Hereditary Prince Alois von Liechtenstein will also participate in the meeting, where EU issues and the current political situation will be discussed.
The demographic change in the German-speaking countries will be another important topic for discussion, which will also cover the restructuring of social systems, family policy and migration/integration policies. ■
Foundation of the International Trade Union Confederation in Vienna
In the presence of Austrian President Heinz Fischer, the International Trade Union Confederation (ITUC) was founded in Vienna’s Trade Fair Centre on 31 October 2006. The Social Democrats’ International Confederation of Free Trade Unions (ICFTU) and the World Confederation of Labour (WCL) based on Christian ideas merged into one organisation after the two trade unions had been dissolved. About 1,600 delegates from 160 nations participated in the foundation ceremony.
Never before “in the history of the trade union movement had there been an assembly that big”, stated former Secretary-General of the European Trade Union Confederation (ETUC), Emilio Gabaglio, who had taken the lead in founding the new organisation. The trade union movement had suffered from a split in the past but now a new chapter has been started, said Gabaglio.
In his opening statement, Federal President Fischer hailed the ITUC’s commitment to peace and declared himself “a loyal supporter of the trade union idea”. This was an “important and integral part of a democratic society“. After this historic merger, the task ahead was to “look for allies”, said Fischer.
Rudolf Hundstorfer, President of the Austrian Federation of Trade Unions (ÖGB) called on the trade union movement not to become idle. He also emphasised that in Austria the cooperation between Christian Democrats and Social Democrats had a long tradition.

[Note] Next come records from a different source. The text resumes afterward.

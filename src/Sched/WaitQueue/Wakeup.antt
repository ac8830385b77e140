-- ===== src/Sched/WaitQueue/Wakeup.antt =====
-- kernel/wait.c: no wake-up is lost between the commitment to wait and the halt loop.
use aetheroz.Prelude.{
  ℕ, zero, suc, ◌+◌, ◌≤◌, ◌<◌, ◌≡◌, ◌≢◌, refl, sym, ap, subst, ◌∙◌, ◌⊎◌, inl, inr, true, false,
  Option, some, List, [], ◌∷◌, ◌++◌, arith, ltb, leb, ◌==◌, length, update_self, update_ne,
  Bool-cases, Option-cases, ==→eq, ==→ne, lt→ltb, ==_self,
}
use aetheroz.Sched.{
  TaskState, ready, running, sleeping, dead, blocked, Task, Sched, max_tasks, max_cpus,
}
use aetheroz.Sched.Core.{set_task, set_state}
use aetheroz.Sched.RunQueue.{runq_push, pick_target_cpu}
use aetheroz.Sched.Block.{
  is_wait_state, block_prepare, find_cpu, Wake, nothing, kick, enqueue, unblock_locked,
  unblock_push, finish_wake, unblock_task,
}
use aetheroz.Sched.WaitQueue.{wait_enqueue, join_queue, wait_commit, wait_wake_all}

-- A CPU that has a task is found.
parked_found :
    (s : Sched) (id cpu i n : ℕ)
    → s.cpu_current cpu ≡ some id
    → i ≤ cpu
    → cpu < i + n
    → (k : ℕ) × (find_cpu s id i n ≡ some k)
unfolding find_cpu
parked_found s id cpu i zero e lo hi = absurd (omega arith)
parked_found s id cpu i (suc n) e lo hi = elim (Bool-cases (i == cpu)) [
  | inl q ↦
      let here = subst (λ k. s.cpu_current k ≡ some id) (sym (==→eq _ _ q)) e in
      (i, rw (here, ==_self id, find_cpu) refl)
  | inr q ↦
      let (k, f) = parked_found s id cpu (i + 1) n e (omega (arith, ==→ne _ _ q)) (omega arith) in
      elim (Option-cases (s.cpu_current i)) [
        | inl o ↦ (k, rw (o, find_cpu) f)
        | inr (c, o) ↦ elim (Bool-cases (c == id)) [
          | inl t ↦ (i, rw (o, t, find_cpu) refl)
          | inr t ↦ (k, rw (o, t, find_cpu) f)
        ]
      ]
]

-- Only the state of the task `id` may differ.
record Only (s : Sched) (id : ℕ) (s' : Sched) : Type 0 where
  cpus : s'.cpu_current ≡ s.cpu_current
  others : (x : ℕ) → id ≢ x → (s'.tasks x).state ≡ (s.tasks x).state

set_task-Only : (s : Sched) (id : ℕ) (t : Task) → Only s id (set_task s id t)
set_task-Only s id t = record {
  cpus = refl;
  others = λ x h. ap (λ (v : Task). v.state) (update_ne s.tasks id t h);
}

same-Only : (s : Sched) (id : ℕ) → Only s id s
same-Only s id = record { cpus = refl; others = λ x h. refl }

Only-trans : (s : Sched) (id : ℕ) (s' s'' : Sched) → Only s id s' → Only s' id s'' → Only s id s''
Only-trans s id s' s'' a b = record {
  cpus = b.cpus ∙ a.cpus;
  others = λ x h. b.others x h ∙ a.others x h;
}

runq_push-Only : (s : Sched) (now cpu id : ℕ) → Only s id (runq_push s now cpu id).1
unfolding runq_push
runq_push-Only s now cpu id = elim (Bool-cases (leb max_tasks (length (s.queues cpu)))) [
  | inl e ↦ rw e (same-Only s id)
  | inr e ↦ rw e (record { cpus = refl; others = λ x h. ground arith })
]

unblock_push-Only : (s : Sched) (now target id : ℕ) → Only s id (unblock_push s now target id)
unfolding unblock_push
unblock_push-Only s now target id =
    let pushed = runq_push-Only s now target id in
    elim (Bool-cases ((runq_push s now target id).0)) [
      | inl e ↦ rw e pushed
      | inr e ↦ rw e (back (s.tasks id).state)
    ]
  where
    back : (st : TaskState) → Only s id (elim st [ ready ↦ set_state s id blocked | _ ↦ s ])
    back ready = set_task-Only s id (record (s.tasks id) { state = blocked })
    back running = same-Only s id
    back sleeping = same-Only s id
    back dead = same-Only s id
    back blocked = same-Only s id

unblock_locked-Only : (s : Sched) (id : ℕ) → Only s id (unblock_locked s id).1
unfolding unblock_locked
unblock_locked-Only s id = elim (Bool-cases (leb max_tasks id)) [
  | inl e ↦ rw e (same-Only s id)
  | inr e ↦ elim (Bool-cases (is_wait_state (s.tasks id).state)) [
    | inr w ↦ rw (e, w) (same-Only s id)
    | inl w ↦ elim (Option-cases (find_cpu s id 0 max_cpus)) [
      | inr (k, f) ↦
          rw (e, w, f)
            (set_task-Only s id (record (s.tasks id) { wake_at_ms = 0; state = running }))
      | inl f ↦
          rw (e, w, f) (set_task-Only s id (record (s.tasks id) { wake_at_ms = 0; state = ready }))
    ]
  ]
]

finish_wake-Only :
    (s : Sched) (now online id : ℕ) (w : Wake) → Only s id (finish_wake now online id (w, s))
unfolding finish_wake
finish_wake-Only s now online id nothing = same-Only s id
finish_wake-Only s now online id (kick cpu) = same-Only s id
finish_wake-Only s now online id enqueue = unblock_push-Only s now (pick_target_cpu s online) id

unblock_task-Only : (s : Sched) (now online id : ℕ) → Only s id (unblock_task s now online id)
unfolding unblock_task
unblock_task-Only s now online id =
    Only-trans s id (unblock_locked s id).1 _ (unblock_locked-Only s id)
      (finish_wake-Only (unblock_locked s id).1 now online id (unblock_locked s id).0)

-- A task that has a CPU and waits there is set running.
unblock_parked :
    (s : Sched) (now online cpu self : ℕ)
    → cpu < max_cpus
    → self < max_tasks
    → s.cpu_current cpu ≡ some self
    → is_wait_state (s.tasks self).state ≡ true
    → ((unblock_task s now online self).tasks self).state ≡ running
unfolding unblock_task finish_wake unblock_locked
unblock_parked s now online cpu self h id_lt e w =
    let (k, f) = parked_found s self cpu 0 max_cpus e (omega arith) (omega arith) in
    let t = record (s.tasks self) { wake_at_ms = 0; state = running } in
    let in_range : leb max_tasks self ≡ false = ground arith in
    let kicked : unblock_locked s self ≡ (kick k, set_task s self t) = rw (in_range, w, f) refl in
    ap (λ r. ((finish_wake now online self r).tasks self).state) kicked
    ∙ ap (λ (v : Task). v.state) (update_self s.tasks self t)

unblock_running :
    (s : Sched) (now online self : ℕ)
    → (s.tasks self).state ≡ running
    → unblock_task s now online self ≡ s
unfolding unblock_task finish_wake unblock_locked
unblock_running s now online self r =
    let idle : unblock_locked s self ≡ (nothing, s) = elim (Bool-cases (leb max_tasks self)) [
      | inl e ↦ rw e refl
      | inr e ↦ rw (e, r) refl
    ] in
    ap (finish_wake now online self) idle

-- The task `self` has the CPU, and has committed itself to wait or has been woken.
record Committed (s : Sched) (cpu self : ℕ) : Type 0 where
  current : s.cpu_current cpu ≡ some self
  waits_or_runs : (is_wait_state (s.tasks self).state ≡ true) ⊎ ((s.tasks self).state ≡ running)

woken_state :
    (s : Sched) (now online cpu self : ℕ)
    → cpu < max_cpus
    → self < max_tasks
    → Committed s cpu self
    → ((unblock_task s now online self).tasks self).state ≡ running
woken_state s now online cpu self h id_lt c = elim c.waits_or_runs [
  | inl w ↦ unblock_parked s now online cpu self h id_lt c.current w
  | inr r ↦ ap (λ (v : Sched). (v.tasks self).state) (unblock_running s now online self r) ∙ r
]

unblock_task-Committed :
    (s : Sched) (now online cpu self id : ℕ)
    → cpu < max_cpus
    → self < max_tasks
    → Committed s cpu self
    → Committed (unblock_task s now online id) cpu self
unblock_task-Committed s now online cpu self id h id_lt c =
    let only = unblock_task-Only s now online id in
    record {
      current = ap (λ (k : ℕ → Option ℕ). k cpu) only.cpus ∙ c.current;
      waits_or_runs = elim (Bool-cases (id == self)) [
        | inl q ↦ inr (
            subst (λ i. ((unblock_task s now online i).tasks self).state ≡ running)
              (sym (==→eq _ _ q)) (woken_state s now online cpu self h id_lt c))
        | inr q ↦
            let same = only.others self (==→ne _ _ q) in
            elim c.waits_or_runs [
              | inl w ↦ inl (ap is_wait_state same ∙ w)
              | inr r ↦ inr (same ∙ r)
            ]
      ];
    }

-- Of a task that stays committed, being woken once is enough: it runs and goes on running.
wake_all_keeps :
    (ws : List ℕ) (s : Sched) (now online cpu self : ℕ)
    → cpu < max_cpus
    → self < max_tasks
    → Committed s cpu self
    → (s.tasks self).state ≡ running
    → ((wait_wake_all s now online ws).0.tasks self).state ≡ running
unfolding wait_wake_all
wake_all_keeps [] s now online cpu self h id_lt c runs = runs
wake_all_keeps (w ∷ ws) s now online cpu self h id_lt c runs =
    wake_all_keeps ws (unblock_task s now online w) now online cpu self h id_lt
      (unblock_task-Committed s now online cpu self w h id_lt c)
      (elim (Bool-cases (w == self)) [
        | inl q ↦
            subst (λ i. ((unblock_task s now online i).tasks self).state ≡ running)
              (sym (==→eq _ _ q)) (woken_state s now online cpu self h id_lt c)
        | inr q ↦ (unblock_task-Only s now online w).others self (==→ne _ _ q) ∙ runs
      ])

-- A queue on which the task stands wakes it.
wake_all_member :
    (ws vs : List ℕ) (s : Sched) (now online cpu self : ℕ)
    → cpu < max_cpus
    → self < max_tasks
    → Committed s cpu self
    → ((wait_wake_all s now online (ws ++ (self ∷ vs))).0.tasks self).state ≡ running
unfolding wait_wake_all
wake_all_member [] vs s now online cpu self h id_lt c =
    wake_all_keeps vs (unblock_task s now online self) now online cpu self h id_lt
      (unblock_task-Committed s now online cpu self self h id_lt c)
      (woken_state s now online cpu self h id_lt c)
wake_all_member (w ∷ ws) vs s now online cpu self h id_lt c =
    wake_all_member ws vs (unblock_task s now online w) now online cpu self h id_lt
      (unblock_task-Committed s now online cpu self w h id_lt c)

-- What the locked section of a wake-up makes of a task that waits: running on the CPU where it is parked,
-- or ready, to be put on a run queue.
abbrev pub Woken : Sched → ℕ → Type 0
Woken s self =
    (((unblock_locked s self).1.tasks self).state ≡ running)
    ⊎ ((((unblock_locked s self).1.tasks self).state ≡ ready)
        × ((unblock_locked s self).0 ≡ enqueue))

waiting-Woken :
    (s : Sched) (self : ℕ)
    → self < max_tasks
    → is_wait_state (s.tasks self).state ≡ true
    → Woken s self
unfolding unblock_locked
waiting-Woken s self id_lt w =
    let in_range : leb max_tasks self ≡ false = ground arith in
    elim (Option-cases (find_cpu s self 0 max_cpus)) [
      | inr (k, f) ↦
          rw (in_range, w, f)
            (inl (
              ap (λ (v : Task). v.state)
                (update_self s.tasks self
                  (record (s.tasks self) { wake_at_ms = 0; state = running }))))
      | inl f ↦
          rw (in_range, w, f)
            (inr (
              ap (λ (v : Task). v.state)
                  (update_self s.tasks self
                    (record (s.tasks self) { wake_at_ms = 0; state = ready })),
              refl,
            ))
    ]

-- A running task that commits itself to wait on a queue with room stands last on the queue, blocked.
-- From then on, in whatever state the sections of all CPUs have brought the scheduler and the queue to:
-- as long as the task still has its CPU and waits or was woken, it is running after `wait_wake_all` of a
-- queue on which it stands; and wherever it still waits, also when a tick has taken its CPU, a wake-up
-- makes it running, or ready and due for a run queue.
pub wake_all-wait_commit :
    (s : Sched) (now online cpu self : ℕ) (wq : List ℕ)
    → cpu < max_cpus
    → s.cpu_current cpu ≡ some self
    → self < s.task_count
    → self < max_tasks
    → (s.tasks self).state ≡ running
    → length wq < max_tasks
    → (s' : Sched) × (wait_commit s now online cpu wq ≡ (some self, (s', wq ++ (self ∷ []))))
      × ((s'.tasks self).state ≡ blocked)
      × ((later : Sched) (now' online' : ℕ) (ws vs : List ℕ)
          → later.cpu_current cpu ≡ some self
          → (is_wait_state (later.tasks self).state ≡ true) ⊎ ((later.tasks self).state ≡ running)
          → ((wait_wake_all later now' online' (ws ++ (self ∷ vs))).0.tasks self).state ≡ running)
      × ((later : Sched) → is_wait_state (later.tasks self).state ≡ true → Woken later self)
unfolding wait_commit block_prepare join_queue wait_enqueue
wake_all-wait_commit s now online cpu self wq h e live id_lt run room =
    let t = record (s.tasks self) { state = blocked } in
    let parked = ap (λ (v : Task). v.state) (update_self s.tasks self t) in
    let on : ltb cpu max_cpus ≡ true = lt→ltb _ _ h in
    let in_range : ltb self s.task_count ≡ true = lt→ltb _ _ live in
    let prepared : block_prepare s cpu blocked ≡ (some self, set_state s self blocked) =
      rw (on, e, in_range, run) refl in
    let fits : leb max_tasks (length wq) ≡ false = ground arith in
    let joined : join_queue now online wq (some self, set_state s self blocked)
        ≡ (some self, (set_state s self blocked, wq ++ (self ∷ []))) =
      rw fits refl in
    (
      set_state s self blocked,
      ap (join_queue now online wq) prepared ∙ joined,
      parked,
      λ later now' online' ws vs current waits.
          wake_all_member ws vs later now' online' cpu self h id_lt
            (record { current = current; waits_or_runs = waits }),
      λ later waits. waiting-Woken later self id_lt waits,
    )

Guy Ryder was elected ITUC Secretary-General in Vienna. The ITUC headquarters are in Brussels. ■
Plassnik: Vienna is the hub in international safety architecture
Foreign Minister Ursula Plassnik welcomed the resolution of the UN General Assembly of 31 October 2006, in which Vienna was selected as the venue of the next Preparatory Committee meeting of the Nuclear Non-Proliferation Treaty (NPT) Review Conference. The meeting will be held from 30 April to 11 May 2007.
According to the press release issued on 1 November 2006, Plassnik described this fact as “another token of acknowledgment of the significance of the IAEA (International Atomic Energy Agency) and a tribute to Vienna as a venue of important international meetings“. This allowed Vienna to strengthen its role as a centre of nuclear disarmament and a hub in the international safety architecture”, stressed Plassnik. ■
Federal President Fischer: Islam is firmly rooted in Austria
At a reception hosted for the Chairman of the Islamic Community Anas Shakfeh on 24 October 2006 to mark the end of Ramadan, President Fischer emphasised that Islam had been firmly rooted in Austria since 1912. Delicate situations in the recent past had been settled through the readiness to engage in dialogue. The response to disagreement could only be dialogue, stated Fischer. The head of state highlighted the constructive cooperation of the Federal President, government and public authorities with the institutions of the Islamic Community.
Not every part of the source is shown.